Reading down the listing below, count the lines where the word "refl" shows up, then give only that count.
_ _ _
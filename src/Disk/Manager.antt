-- ===== src/Disk/Manager.antt =====
-- src/storage/disk/disk_manager.rs. The handle of the file is a parameter, and each operation returns
-- the state it leaves, on errors too.
use oxtub.Base.{
  ℕ, ◌+◌, ◌*◌, Bool, true, false, Option, none, some, List, [], ◌∷◌, length, leb, ◌==◌,
  if◌then◌else◌, Exec, ok, err, panic,
}
use oxtub.Base.Assoc.{get, insert, remove}

abbrev pub default_page_size : ℕ
default_page_size = 8192

abbrev pub default_db_file_page_capacity : ℕ
default_db_file_page_capacity = 16

-- What the program uses of `std::fs::File`: each operation tells whether it succeeded, and the file
-- after it. `read_at` and `write_at` are a `seek` and then `read_exact` of one page or `write_all`.
pub record FileOps (F : Type 0) : Type 0 where
  pub set_len : F → ℕ → Bool × F
  pub read_at : F → ℕ → Option (List ℕ) × F
  pub write_at : F → ℕ → List ℕ → Bool × F
  pub flush : F → Bool × F

pub data DiskManagerError : Type 0 where
  io invalid_page_size : DiskManagerError
  page_not_found : ℕ → DiskManagerError

pub record DiskManager (F : Type 0) : Type 0 where
  pub db_file_handle : F
  pub page_capacity : ℕ
  -- page id and file offset
  pub pages : List (ℕ × ℕ)
  -- the offset freed last comes first
  pub free_slots : List ℕ

abbrev pub Returns : Type 0 → Type 0 → Type 0
Returns F A = Exec DiskManagerError A × DiskManager F

module _ {F : Type 0} ⦃file : FileOps F⦄ where
  -- `new` on the opened file
  unfoldable pub new : F → Exec DiskManagerError (DiskManager F)
  new handle =
      let (done, handle') =
        file.set_len handle ((default_db_file_page_capacity + 1) * default_page_size) in
      if done
      then ok (record {
        db_file_handle = handle';
        page_capacity = default_db_file_page_capacity;
        pages = [];
        free_slots = [];
      })
      else err io

  -- More space in the file, and the first offset behind the pages in it.
  unfoldable pub allocate_fresh : DiskManager F → Returns F ℕ
  allocate_fresh dm =
      let offset = length dm.pages * default_page_size in
      let capacity = dm.page_capacity * 2 in
      let (done, handle) = file.set_len dm.db_file_handle ((capacity + 1) * default_page_size) in
      let grown = record dm { page_capacity = capacity; db_file_handle = handle } in
      if leb dm.page_capacity (length dm.pages)
      then if done then (ok offset, grown) else (err io, grown)
      else (ok offset, dm)

  abbrev pub allocate_from : List ℕ → DiskManager F → Returns F ℕ
  allocate_from [] dm = allocate_fresh dm
  allocate_from (offset ∷ rest) dm = (ok offset, record dm { free_slots = rest })

  unfoldable pub allocate_new_page : DiskManager F → Returns F ℕ
  allocate_new_page dm = allocate_from dm.free_slots dm

  -- The match on `self.pages.get(&page_id)`.
  abbrev pub offset_or_new : Option ℕ → DiskManager F → Returns F ℕ
  offset_or_new none dm = allocate_new_page dm
  offset_or_new (some offset) dm = (ok offset, dm)

  abbrev pub read_into : ℕ → ℕ → Option (List ℕ) × F → DiskManager F → Returns F (List ℕ)
  read_into page_id offset (none, handle) dm = (err io, record dm { db_file_handle = handle })
  read_into page_id offset (some bytes, handle) dm =
      (ok bytes, record dm { db_file_handle = handle; pages = insert page_id offset dm.pages })

  abbrev pub read_from : ℕ → Returns F ℕ → Returns F (List ℕ)
  read_from page_id (ok offset, dm) =
      read_into page_id offset (file.read_at dm.db_file_handle offset) dm
  read_from page_id (err e, dm) = (err e, dm)
  read_from page_id (panic, dm) = (panic, dm)

  -- `size` is the length of the buffer; the data read are the result.
  unfoldable pub read_page : ℕ → ℕ → DiskManager F → Returns F (List ℕ)
  read_page page_id size dm =
      if size == default_page_size
      then read_from page_id (offset_or_new (get page_id dm.pages) dm)
      else (err invalid_page_size, dm)

  abbrev pub flush_file : Bool × F → DiskManager F → Returns F (Unit {0})
  flush_file (true, handle) dm = (ok tt, record dm { db_file_handle = handle })
  flush_file (false, handle) dm = (err io, record dm { db_file_handle = handle })

  abbrev pub write_out : ℕ → ℕ → Bool × F → DiskManager F → Returns F (Unit {0})
  write_out page_id offset (false, handle) dm = (err io, record dm { db_file_handle = handle })
  write_out page_id offset (true, handle) dm =
      flush_file (file.flush handle)
        (record dm { db_file_handle = handle; pages = insert page_id offset dm.pages })

  abbrev pub write_to : ℕ → List ℕ → Returns F ℕ → Returns F (Unit {0})
  write_to page_id bytes (ok offset, dm) =
      write_out page_id offset (file.write_at dm.db_file_handle offset bytes) dm
  write_to page_id bytes (err e, dm) = (err e, dm)
  write_to page_id bytes (panic, dm) = (panic, dm)

  unfoldable pub write_page : ℕ → List ℕ → DiskManager F → Returns F (Unit {0})
  write_page page_id bytes dm =
      if length bytes == default_page_size
      then write_to page_id bytes (offset_or_new (get page_id dm.pages) dm)
      else (err invalid_page_size, dm)

module _ {F : Type 0} where
  abbrev pub free_offset : ℕ → Option ℕ → DiskManager F → Returns F (Unit {0})
  free_offset page_id none dm = (err (page_not_found page_id), dm)
  free_offset page_id (some offset) dm =
      (ok tt, record dm { pages = remove page_id dm.pages; free_slots = offset ∷ dm.free_slots })

  unfoldable pub delete_page : ℕ → DiskManager F → Returns F (Unit {0})
  delete_page page_id dm = free_offset page_id (get page_id dm.pages) dm
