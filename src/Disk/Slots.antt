-- ===== src/Disk/Slots.antt =====
-- The offsets of src/storage/disk/disk_manager.rs: no two pages share one.
use oxtub.Base.{
  ℕ, suc, ◌+◌, ◌*◌, ◌%◌, ◌≤◌, ◌<◌, ◌≡◌, refl, ap, sym, ◌∙◌, subst, none, some, List, [], ◌∷◌,
  length, arith, inl, inr, All, All-imp, Has,
}
use oxtub.Base.Assoc.{
  get, insert, remove, Distinct, insert-Distinct, remove-Distinct, get-insert_cases,
  get-remove_cases,
}
use oxtub.Disk.Manager.{default_page_size}

module _ {V : Type 0} where
  pub insert-length_new :
      (k : ℕ) (v : V) (m : List (ℕ × V)) → get k m ≡ none → length (insert k v m) ≡ suc (length m)
  insert-length_new k v [] h = refl
  insert-length_new k v ((j, w) ∷ m) h = ground (arith, insert-length_new k v m)

  pub insert-length_old :
      (k : ℕ) (v w : V) (m : List (ℕ × V)) → get k m ≡ some w → length (insert k v m) ≡ length m
  insert-length_old k v w [] h = cc
  insert-length_old k v w ((j, x) ∷ m) h = ground (arith, insert-length_old k v w m)

  pub remove-length :
      (k : ℕ) (w : V) (m : List (ℕ × V)) → get k m ≡ some w → suc (length (remove k m)) ≡ length m
  remove-length k w [] h = cc
  remove-length k w ((j, x) ∷ m) h = ground (arith, remove-length k w m)

-- One of the first `n` slots of the file.
abbrev pub Slot : ℕ → ℕ → Type 0
Slot n offset = (offset % default_page_size ≡ 0) × (offset < n * default_page_size)

abbrev pub NoRepeat : List ℕ → Type 0
NoRepeat [] = Unit
NoRepeat (x ∷ xs) = (Has x xs → ⊥) × NoRepeat xs

-- The slots of the file are shared out between the pages and the free list.
pub record SlotsInv (capacity : ℕ) (pages : List (ℕ × ℕ)) (free : List ℕ) : Type 0 where
  pub distinct : Distinct pages
  pub room : length pages + length free ≤ capacity
  pub paged : (i off : ℕ) → get i pages ≡ some off → Slot (length pages + length free) off
  pub freed : All (Slot (length pages + length free)) free
  pub alone : (i j off : ℕ) → get i pages ≡ some off → get j pages ≡ some off → i ≡ j
  pub not_free : (i off : ℕ) → get i pages ≡ some off → Has off free → ⊥
  pub no_repeat : NoRepeat free

slots_more : (m n : ℕ) (free : List ℕ) → m ≤ n → All (Slot m) free → All (Slot n) free
slots_more m n free h = All-imp (Slot m) (Slot n) (λ off s. (s.0, omega (arith, s.1))) free

-- A page takes the offset that was freed last.
pub reuse-SlotsInv :
    (capacity : ℕ) (pages : List (ℕ × ℕ)) (off : ℕ) (free : List ℕ) (id : ℕ)
    → SlotsInv capacity pages (off ∷ free)
    → get id pages ≡ none
    → SlotsInv capacity (insert id off pages) free
reuse-SlotsInv capacity pages off free id v new =
    let grown = insert-length_new id off pages new in
    let n = length pages + length (off ∷ free) in
    let n' = length (insert id off pages) + length free in
    let same : n ≡ n' = omega (arith, grown) in
    record {
      distinct = insert-Distinct id off pages v.distinct;
      room = omega (arith, v.room, same);
      paged = λ i o h. elim (get-insert_cases id i off o pages h) [
        | inl (_, e) ↦ subst (λ x. Slot n' x) e (subst (λ x. Slot x off) same v.freed.0)
        | inr (_, at) ↦ subst (λ x. Slot x o) same (v.paged i o at)
      ];
      freed = slots_more n n' free (omega (arith, same)) v.freed.1;
      alone = λ i j o h h'. elim (get-insert_cases id i off o pages h) [
        | inl (e, eo) ↦ elim (get-insert_cases id j off o pages h') [
          | inl (e', _) ↦ sym e ∙ e'
          | inr (_, at) ↦ absurd (v.not_free j o at (inl eo))
        ]
        | inr (_, at) ↦ elim (get-insert_cases id j off o pages h') [
          | inl (_, eo) ↦ absurd (v.not_free i o at (inl eo))
          | inr (_, at') ↦ v.alone i j o at at'
        ]
      ];
      not_free = λ i o h has. elim (get-insert_cases id i off o pages h) [
        | inl (_, e) ↦ v.no_repeat.0 (subst (λ x. Has x free) (sym e) has)
        | inr (_, at) ↦ v.not_free i o at (inr has)
      ];
      no_repeat = v.no_repeat.1;
    }

-- A page takes the slot behind all others.
pub fresh-SlotsInv :
    (capacity capacity' : ℕ) (pages : List (ℕ × ℕ)) (id : ℕ)
    → SlotsInv capacity pages []
    → get id pages ≡ none
    → length pages < capacity'
    → SlotsInv capacity' (insert id (length pages * default_page_size) pages) []
fresh-SlotsInv capacity capacity' pages id v new more =
    let off = length pages * default_page_size in
    let grown = insert-length_new id off pages new in
    record {
      distinct = insert-Distinct id off pages v.distinct;
      room = omega (arith, grown);
      paged = λ i o h. elim (get-insert_cases id i off o pages h) [
        | inl (_, e) ↦ (omega (arith, e), omega (arith, e, grown))
        | inr (_, at) ↦ ((v.paged i o at).0, omega (arith, (v.paged i o at).1, grown))
      ];
      freed = tt;
      alone = λ i j o h h'. elim (get-insert_cases id i off o pages h) [
        | inl (e, eo) ↦ elim (get-insert_cases id j off o pages h') [
          | inl (e', _) ↦ sym e ∙ e'
          | inr (_, at) ↦ absurd (omega (arith, eo, (v.paged j o at).1))
        ]
        | inr (_, at) ↦ elim (get-insert_cases id j off o pages h') [
          | inl (_, eo) ↦ absurd (omega (arith, eo, (v.paged i o at).1))
          | inr (_, at') ↦ v.alone i j o at at'
        ]
      ];
      not_free = λ i o h has. has;
      no_repeat = tt;
    }

-- A page that is deleted gives its offset to the free list.
pub free-SlotsInv :
    (capacity : ℕ) (pages : List (ℕ × ℕ)) (off : ℕ) (free : List ℕ) (id : ℕ)
    → SlotsInv capacity pages free
    → get id pages ≡ some off
    → SlotsInv capacity (remove id pages) (off ∷ free)
free-SlotsInv capacity pages off free id v at =
    let shrunk = remove-length id off pages at in
    let n = length pages + length free in
    let n' = length (remove id pages) + length (off ∷ free) in
    let same : n ≡ n' = omega (arith, shrunk) in
    record {
      distinct = remove-Distinct id pages v.distinct;
      room = omega (arith, v.room, same);
      paged = λ i o h.
          subst (λ x. Slot x o) same (v.paged i o (get-remove_cases id i o pages v.distinct h).1);
      freed = (
        subst (λ x. Slot x off) same (v.paged id off at),
        slots_more n n' free (omega (arith, same)) v.freed,
      );
      alone = λ i j o h h'.
          v.alone i j o (get-remove_cases id i o pages v.distinct h).1
            (get-remove_cases id j o pages v.distinct h').1;
      not_free = λ i o h has. elim has [
        | inl e ↦
            let (ne, was) = get-remove_cases id i o pages v.distinct h in
            ne (v.alone id i o (at ∙ ap some e) was)
        | inr there ↦ v.not_free i o (get-remove_cases id i o pages v.distinct h).1 there
      ];
      no_repeat = (v.not_free id off at, v.no_repeat);
    }

-- A page is written again.
pub again-SlotsInv :
    (capacity : ℕ) (pages : List (ℕ × ℕ)) (off : ℕ) (free : List ℕ) (id : ℕ)
    → SlotsInv capacity pages free
    → get id pages ≡ some off
    → SlotsInv capacity (insert id off pages) free
again-SlotsInv capacity pages off free id v at =
    let same = sym (insert-length_old id off off pages at) in
    let was =
      λ (i : ℕ) (o : ℕ) (h : get i (insert id off pages) ≡ some o). again id off pages i o at h in
    record {
      distinct = insert-Distinct id off pages v.distinct;
      room = omega (arith, v.room, same);
      paged =
          λ i o h. ((v.paged i o (was i o h)).0, omega (arith, (v.paged i o (was i o h)).1, same));
      freed =
          slots_more (length pages + length free) (length (insert id off pages) + length free) free
            (omega (arith, same)) v.freed;
      alone = λ i j o h h'. v.alone i j o (was i o h) (was j o h');
      not_free = λ i o h. v.not_free i o (was i o h);
      no_repeat = v.no_repeat;
    }
  where
    again :
        (id off : ℕ) (pages : List (ℕ × ℕ)) (i o : ℕ)
        → get id pages ≡ some off
        → get i (insert id off pages) ≡ some o
        → get i pages ≡ some o
    again id off pages i o at h = elim (get-insert_cases id i off o pages h) [
      | inl (e, eo) ↦ subst (λ x. get x pages ≡ some o) e (at ∙ ap some eo)
      | inr (_, old) ↦ old
    ]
_ _ _
• _Answer to this problem_
2